Tightrope walking, also called funambulism, is extremely risky when not using any security measures, what if the artist fells off the rope which is usually high up in the sky?

My spell checker doesn't recognize this word either. Maybe we should do a little more practical words.


----------



## Kaila (Jul 12, 2020)

What, @Matrix   ?!  Not practical?


----------



## Aunt Marg (Jul 12, 2020)

I'm relieved in hearing from you two, because I was starting to think that this was going to die a slow death along with other zero reply threads on record.


----------



## Kaila (Jul 12, 2020)

.....oops...


----------



## Aunt Marg (Jul 12, 2020)

...


----------



## RubyK (Jul 13, 2020)

Matrix said, "*Maybe we should do a little more practical words*. "

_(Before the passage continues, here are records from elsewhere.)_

-- ===== src/PlannedTransactions/Within.antt =====
-- The bounds of the occurrences of backend/internal/services/planned_transactions/occurrences.go.
use orgfin_diploma.Prelude.{
  ℕ, zero, suc, ◌≤◌, ◌≡◌, Bool, true, false, ◌||◌, ◌&&◌, Option, none, some, List, [], ◌∷◌, map,
  String, ltb, leb, All, length, arith, Bool-cases, inl, inr, if◌then◌else◌, All-map_proof,
}
use orgfin_diploma.Models.{Time}
use orgfin_diploma.PlannedTransactions.{
  RecurrenceRule, PlannedTransaction, make_occurrence, normalize_date, occurrence_date_of,
  next_date, reached, interval_of, keep_from, on_next, occurrence_dates, effective_end, single_date,
  rule_dates, planned_dates, generate_occurrences,
}

abbrev IsBetween : Time → Time → Time → Type 0
IsBetween start end d = (start ≤ d) × (d ≤ end)

-- Dates in the range, and at most a number of them.
abbrev AreBounded : ℕ → Time → Time → List Time → Type 0
AreBounded n start end ds = All (IsBetween start end) ds × (length ds ≤ n)

stopped_not : (end d : Time) (b : Bool) → (ltb end d || b) ≡ false → d ≤ end
stopped_not end d b h = ground arith

keep_from_bounded :
    (n : ℕ) (start end d : Time) (rest : List Time)
    → d ≤ end
    → AreBounded n start end rest
    → AreBounded (suc n) start end (keep_from start d rest)
keep_from_bounded n start end d rest le (h, few) = elim (Bool-cases (ltb d start)) [
  | inl e ↦ rw e (h, omega arith)
  | inr e ↦ rw e (((from d e, le), h), omega arith)
]
  where
    from : (d : Time) → ltb d start ≡ false → start ≤ d
    from d e = ground arith

next_bounded :
    (n : ℕ) (start end : Time) (later : Option Time) (rest : Time → List Time)
    → ((t : Time) → AreBounded n start end (rest t))
    → AreBounded n start end (on_next later rest)
next_bounded n start end none rest h = (tt, omega arith)
next_bounded n start end (some t) rest h = h t

dates_bounded :
    (rule : RecurrenceRule) (start end : Time) (n : ℕ) (current : Time) (total : ℕ)
    → AreBounded n start end (occurrence_dates rule start end n current total)
unfolding occurrence_dates
dates_bounded rule start end zero current total = (tt, omega arith)
dates_bounded rule start end (suc n) current total =
    elim (Bool-cases (
      ltb end (occurrence_date_of rule.frequency rule.day_of_month current)
      || reached rule.count total)) [
        | inl e ↦ rw e (tt, omega arith)
        | inr e ↦ rw e (
            keep_from_bounded n start end
              (occurrence_date_of rule.frequency rule.day_of_month current) _
              (stopped_not end _ _ e)
              (next_bounded n start end (next_date rule.frequency (interval_of rule) current) _
                (λ later. dates_bounded rule start end n later (suc total))))
      ]

single_bounded : (start end d : Time) → AreBounded 1000 start end (single_date start end d)
unfolding single_date
single_bounded start end d = elim (Bool-cases (leb start d && leb d end)) [
  | inl e ↦ rw e ((between d e, tt), omega arith)
  | inr e ↦ rw e (tt, omega arith)
]
  where
    between : (d : Time) → (leb start d && leb d end) ≡ true → IsBetween start end d
    between d e = ground arith

effective_le : (rule_end : Option Time) (end : Time) → effective_end rule_end end ≤ end
unfolding effective_end
effective_le none end = omega arith
effective_le (some t) end = earlier (normalize_date t)
  where
    earlier : (r : Time) → (if ltb r end then r else end) ≤ end
    earlier r = ground arith

bounded_le :
    (n : ℕ) (start end end' : Time) (ds : List Time)
    → end ≤ end'
    → AreBounded n start end ds
    → AreBounded n start end' ds
bounded_le n start end end' ds le (h, few) =
    (All-map_proof (λ d between. (between.0, later d between.1)) ds h, few)
  where
    later : (d : Time) → d ≤ end → d ≤ end'
    later d k = omega arith

rule_bounded :
    (rule : Option RecurrenceRule) (date start end : Time)
    → AreBounded 1000 start end (rule_dates rule date start end)
unfolding rule_dates
rule_bounded none date start end = (tt, omega arith)
rule_bounded (some rule) date start end =
    bounded_le 1000 start (effective_end rule.end_date end) end _ (effective_le rule.end_date end)
      (dates_bounded rule start (effective_end rule.end_date end) 1000 (normalize_date date) 0)

planned_bounded :
    (parse : String → Option RecurrenceRule) (recurring : Bool) (text : Option String)
    (date start end : Time)
    → AreBounded 1000 start end (planned_dates parse recurring text date start end)
unfolding planned_dates
planned_bounded parse false text date start end = single_bounded start end (normalize_date date)
planned_bounded parse true none date start end = single_bounded start end (normalize_date date)
planned_bounded parse true (some text) date start end = rule_bounded (parse text) date start end

made_bounded :
    (n : ℕ) (tx : PlannedTransaction) (start end : Time) (ds : List Time)
    → AreBounded n start end ds
    → All (λ o. IsBetween start end o.occurrence_date) (map (make_occurrence tx) ds)
      × (length (map (make_occurrence tx) ds) ≤ n)
unfolding make_occurrence
made_bounded n tx start end [] h = h
made_bounded n tx start end (d ∷ ds) ((between, h), few) =
    let rest = made_bounded (length ds) tx start end ds (h, omega arith) in
    ((between, rest.0), omega arith)

-- Whatever the rule, the frequency and the dates: each occurrence of a planned transaction lies in the
-- range that was asked for, both ends included, and there are at most a thousand.
pub generate_occurrences-within :
    (parse : String → Option RecurrenceRule) (tx : PlannedTransaction) (start end : Time)
    → All
        (λ o. (start ≤ o.occurrence_date) × (o.occurrence_date ≤ end))
        (generate_occurrences parse tx start end)
      × (length (generate_occurrences parse tx start end) ≤ 1000)
unfolding generate_occurrences
generate_occurrences-within parse tx start end =
    made_bounded 1000 tx start end _
      (planned_bounded parse tx.is_recurring tx.recurrence_rule tx.planned_date start end)
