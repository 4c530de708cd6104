-- ===== src/PlannedTransactions/Daily.antt =====
-- The dates of a daily rule, after backend/internal/services/planned_transactions/occurrences.go.
use orgfin_diploma.Prelude.{
  ℕ, zero, suc, ◌+◌, ◌*◌, ◌≤◌, ◌<◌, ◌≡◌, ◌↔◌, refl, sym, ap, ◌∙◌, map, String, Bool, true, false,
  ◌⊎◌, subst, ◌||◌, Option, none, some, List, [], ◌∷◌, ltb, contains, arith, Bool-cases, inl, inr,
  if◌then◌else◌, ◌∙◌,
}
use orgfin_diploma.Models.{Time}
use orgfin_diploma.PlannedTransactions.{
  Frequency, RecurrenceRule, occurrence_date_of, next_date, reached, keep_from, occurrence_dates,
  make_occurrence, generate_occurrences, PlannedTransaction, planned_dates, rule_dates,
  normalize_date, effective_end,
}

-- A rule that runs every so many days.
abbrev pub daily_rule : ℕ → Option Time → Option ℕ → Option ℕ → RecurrenceRule
daily_rule interval end_date count day = record {
  frequency = Frequency.daily;
  interval = interval;
  end_date = end_date;
  count = count;
  day_of_month = day;
}

-- The microseconds between two dates of the rule; an interval of 0 counts as 1.
abbrev pub step_of : ℕ → ℕ
step_of interval = (if ltb interval 1 then 1 else interval) * 86400000000

counted : (t k : ℕ) → suc t + k ≡ t + suc k
counted t k = omega arith

no_more : (t : ℕ) → t ≡ t + 0
no_more t = omega arith

-- A list from whose front a date may be left out.
in_kept :
    (start c d : Time) (rest : List Time)
    → contains d (keep_from start c rest) ≡ true
    → ((d ≡ c) × (start ≤ c)) ⊎ (contains d rest ≡ true)
in_kept start c d rest h = elim (Bool-cases (ltb c start)) [
  | inl e ↦ inr (rw e at h)
  | inr e ↦ front (rw e at h)
]
  where
    front : contains d (c ∷ rest) ≡ true → ((d ≡ c) × (start ≤ c)) ⊎ (contains d rest ≡ true)
    front k = ground arith

kept_rest :
    (start c d : Time) (rest : List Time)
    → contains d rest ≡ true
    → contains d (keep_from start c rest) ≡ true
kept_rest start c d rest h = ground arith

kept_front :
    (start c d : Time) (rest : List Time)
    → d ≡ c
    → start ≤ c
    → contains d (keep_from start c rest) ≡ true
kept_front start c d rest same h = ground arith

-- The tests that end the loop.
no_stop : (a b : ℕ) (r : Bool) → (ltb a b || r) ≡ false → (b ≤ a) × (r ≡ false)
no_stop a b r h = ground arith

stop_not : (a b : ℕ) (r : Bool) → b ≤ a → r ≡ false → (ltb a b || r) ≡ false
stop_not a b r h k = ground arith

reached_before :
    (count : Option ℕ) (t k : ℕ) → reached count (t + k) ≡ false → reached count t ≡ false
reached_before none t k h = refl
reached_before (some n) t k h = ground arith

dates_made :
    (tx : PlannedTransaction) (ds : List Time)
    → map (λ o. o.occurrence_date) (map (make_occurrence tx) ds) ≡ ds
unfolding make_occurrence
dates_made tx [] = refl
dates_made tx (d ∷ ds) = ap (λ xs. d ∷ xs) (dates_made tx ds)

module _ (interval : ℕ) (end_date : Option Time) (count day : Option ℕ) (start end : Time) where
  abbrev dates : ℕ → Time → ℕ → List Time
  dates = occurrence_dates (daily_rule interval end_date count day) start end

  dates_stop :
      (n : ℕ) (c : Time) (t : ℕ) → (ltb end c || reached count t) ≡ true → dates (suc n) c t ≡ []
  unfolding occurrence_dates occurrence_date_of
  dates_stop n c t e = rw e refl

  dates_go :
      (n : ℕ) (c : Time) (t : ℕ)
      → (ltb end c || reached count t) ≡ false
      → dates (suc n) c t ≡ keep_from start c (dates n (c + step_of interval) (suc t))
  unfolding occurrence_dates occurrence_date_of next_date
  dates_go n c t e = rw e refl

  -- A date that the rule meets within so many rounds.
  abbrev pub IsMet : ℕ → Time → ℕ → Time → Type 0
  IsMet n c t d =
      (k : ℕ) × (k < n)
      × (reached count (t + k) ≡ false)
      × (d ≡ c + k * step_of interval)
      × (start ≤ d)
      × (d ≤ end)

  steps :
      (c : Time) (k : ℕ)
      → c + step_of interval + k * step_of interval ≡ c + suc k * step_of interval
  steps c k = omega arith

  meet_later :
      (n : ℕ) (c : Time) (t : ℕ) (d : Time)
      → IsMet n (c + step_of interval) (suc t) d
      → IsMet (suc n) c t d
  meet_later n c t d (k, lt, more, at, from, to) = (
    suc k,
    omega arith,
    subst (λ m. reached count m ≡ false) (counted t k) more,
    at ∙ steps c k,
    from,
    to,
  )

  -- Each date of the loop is met.
  dates_sound :
      (n : ℕ) (c : Time) (t : ℕ) (d : Time) → contains d (dates n c t) ≡ true → IsMet n c t d
  unfolding occurrence_dates
  dates_sound zero c t d h = cc
  dates_sound (suc n) c t d h = elim (Bool-cases (ltb end c || reached count t)) [
    | inl e ↦ absurd (nothing (subst (λ ds. contains d ds ≡ true) (dates_stop n c t e) h))
    | inr e ↦
        step (no_stop end c (reached count t) e)
          (in_kept start c d _ (subst (λ ds. contains d ds ≡ true) (dates_go n c t e) h))
          (dates_sound n (c + step_of interval) (suc t) d)
  ]
    where
      nothing : false ≡ true → ⊥
      nothing k = cc

      step :
          (c ≤ end) × (reached count t ≡ false)
          → ((d ≡ c) × (start ≤ c)) ⊎ (contains d (dates n (c + step_of interval) (suc t)) ≡ true)
          → (contains d (dates n (c + step_of interval) (suc t)) ≡ true
              → IsMet n (c + step_of interval) (suc t) d)
          → IsMet (suc n) c t d
      step (le, more) (inl (same, from)) later = (
        0,
        omega arith,
        subst (λ m. reached count m ≡ false) (no_more t) more,
        omega arith,
        omega arith,
        omega arith,
      )
      step (le, more) (inr found) later = meet_later n c t d (later found)

  -- Each date that is met is one of the loop's.
  dates_complete :
      (n : ℕ) (c : Time) (t : ℕ) (d : Time) (k : ℕ)
      → k < n
      → reached count (t + k) ≡ false
      → d ≡ c + k * step_of interval
      → start ≤ d
      → d ≤ end
      → contains d (dates n c t) ≡ true
  dates_complete zero c t d k lt more at from to = absurd (none_below lt)
    where
      none_below : k < 0 → ⊥
      none_below h = omega arith
  dates_complete (suc n) c t d zero lt more at from to =
      subst (λ ds. contains d ds ≡ true)
        (sym (
          dates_go n c t
            (stop_not end c (reached count t) (omega arith) (reached_before count t 0 more))))
        (kept_front start c d _ (omega arith) (omega arith))
  dates_complete (suc n) c t d (suc k) lt more at from to =
      subst (λ ds. contains d ds ≡ true)
        (sym (
          dates_go n c t
            (stop_not end c (reached count t) (omega arith) (reached_before count t (suc k) more))))
        (kept_rest start c d _ (
          dates_complete n (c + step_of interval) (suc t) d k (omega arith)
            (subst (λ m. reached count m ≡ false) (sym (counted t k)) more) (at ∙ sym (steps c k))
            from to))

-- The dates of a transaction with a daily rule.
planned_daily :
    (parse : String → Option RecurrenceRule) (recurring : Bool) (rule : Option String)
    (date start end : Time) {text : String} {interval : ℕ} {end_date : Option Time}
    {count day : Option ℕ}
    → recurring ≡ true
    → rule ≡ some text
    → parse text ≡ some (daily_rule interval end_date count day)
    → planned_dates parse recurring rule date start end
      ≡ dates interval end_date count day start
          (effective_end end_date end)
          1000
          (normalize_date date)
          0
unfolding planned_dates rule_dates
planned_daily parse recurring rule date start end recurs ruled parsed =
    rw (recurs, ruled, parsed) refl

-- Whether a date is one of a daily rule's occurrences: exactly if it is the planned day or a whole
-- number of intervals later, in the range, not after the rule's own end, not past the rule's count,
-- and within the first thousand dates of the rule, whether these are in the range or not.
pub generate_occurrences-daily :
    (parse : String → Option RecurrenceRule) (tx : PlannedTransaction) (text : String)
    (interval : ℕ) (end_date : Option Time) (count day : Option ℕ) (start end d : Time)
    → tx.is_recurring ≡ true
    → tx.recurrence_rule ≡ some text
    → parse text ≡ some (daily_rule interval end_date count day)
    → (contains d (map (λ o. o.occurrence_date) (generate_occurrences parse tx start end)) ≡ true)
      ↔ ((k : ℕ) × (k < 1000)
          × (reached count (0 + k) ≡ false)
          × (d ≡ normalize_date tx.planned_date + k * step_of interval)
          × (start ≤ d)
          × (d ≤ effective_end end_date end))
unfolding generate_occurrences
generate_occurrences-daily parse tx text interval end_date count day start end d recurs ruled
      parsed =
    let until = effective_end end_date end in
    let first = normalize_date tx.planned_date in
    let same =
      dates_made tx
        (planned_dates parse tx.is_recurring tx.recurrence_rule tx.planned_date start end)
      ∙ planned_daily parse tx.is_recurring tx.recurrence_rule tx.planned_date start end recurs
          ruled parsed in
    (
      λ h.
          dates_sound interval end_date count day start until 1000 first 0 d
            (subst (λ ds. contains d ds ≡ true) same h),
      λ (k, lt, more, at, from, to).
          subst (λ ds. contains d ds ≡ true) (sym same)
            (dates_complete interval end_date count day start until 1000 first 0 d k lt more at from
              to),
    )
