-- ===== src/Examples/Planned.antt =====
-- The results on planned transactions, each at a transaction of every other day, five times, from
-- 11 January 1970.
use orgfin_diploma.Calendar.{day_of, time_of}
use orgfin_diploma.Prelude.{
  ℕ, ◌+◌, ◌*◌, ◌≤◌, ◌<◌, ◌≡◌, ◌↔◌, refl, map, All, length, contains, String, true, false, Option,
  none, some, [], ◌∷◌, pos,
}
use orgfin_diploma.Models.{Time}
use orgfin_diploma.PlannedTransactions.{
  RecurrenceRule, PlannedTransaction, generate_occurrences, reached, normalize_date, effective_end,
  planned_dates, rule_dates, occurrence_dates, occurrence_date_of, next_date, make_occurrence,
}
use orgfin_diploma.PlannedTransactions.Within.{generate_occurrences-within}
use orgfin_diploma.PlannedTransactions.Daily.{daily_rule, step_of, generate_occurrences-daily}

abbrev at_day : ℕ → Time
at_day n = n * 86400000000

abbrev rent : PlannedTransaction
rent = record {
  id = 1;
  currency_id = 1;
  amount = pos 40;
  label = "rent";
  is_income = false;
  planned_date = at_day 10 + 5;
  is_recurring = true;
  recurrence_rule = some "every other day";
  is_active = true;
}

abbrev parse : String → Option RecurrenceRule
parse text = some (daily_rule 2 none (some 5) none)

rent_dates :
    map (λ o. o.occurrence_date) (generate_occurrences parse rent (at_day 11) (at_day 15))
    ≡ at_day 12 ∷ at_day 14 ∷ []
unfolding generate_occurrences planned_dates rule_dates occurrence_dates occurrence_date_of
    next_date effective_end normalize_date make_occurrence day_of time_of
rent_dates = refl

generate_occurrences-within_example :
    All
      (λ o. (at_day 11 ≤ o.occurrence_date) × (o.occurrence_date ≤ at_day 15))
      (generate_occurrences parse rent (at_day 11) (at_day 15))
    × (length (generate_occurrences parse rent (at_day 11) (at_day 15)) ≤ 1000)
generate_occurrences-within_example = generate_occurrences-within parse rent (at_day 11) (at_day 15)

generate_occurrences-daily_example :
    (contains
        (at_day 12)
        (map (λ o. o.occurrence_date) (generate_occurrences parse rent (at_day 11) (at_day 15)))
      ≡ true)
    ↔ ((k : ℕ) × (k < 1000)
        × (reached (some 5) (0 + k) ≡ false)
        × (at_day 12 ≡ normalize_date (at_day 10 + 5) + k * step_of 2)
        × (at_day 11 ≤ at_day 12)
        × (at_day 12 ≤ effective_end none (at_day 15)))
generate_occurrences-daily_example =
    generate_occurrences-daily parse rent "every other day" 2 none (some 5) none (at_day 11)
      (at_day 15) (at_day 12) refl refl refl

I agree. Some of these words are so "out there" that I don't want to even try to make a sentence with them.


----------



## peramangkelder (Jul 13, 2020)

Ever watch 'The Mentalist'? Now Patrick Jane had funambulism down to a fine art


----------



## Em in Ohio (Jul 13, 2020)

In the Dr. Who series, a character named Sophie (aka Spring-Heeled Sophie) preferred to be called a funambulist instead of a tightrope walker.


----------



## Aunt Marg (Jul 14, 2020)

RubyK said:


> Matrix said, "*Maybe we should do a little more practical words*. "
> 
> I agree. Some of these words are so "out there" that I don't want to even try to make a sentence with them.


So what you're saying is, there's too much sesquipedalian loquaciousness on the WOTD Forum?


----------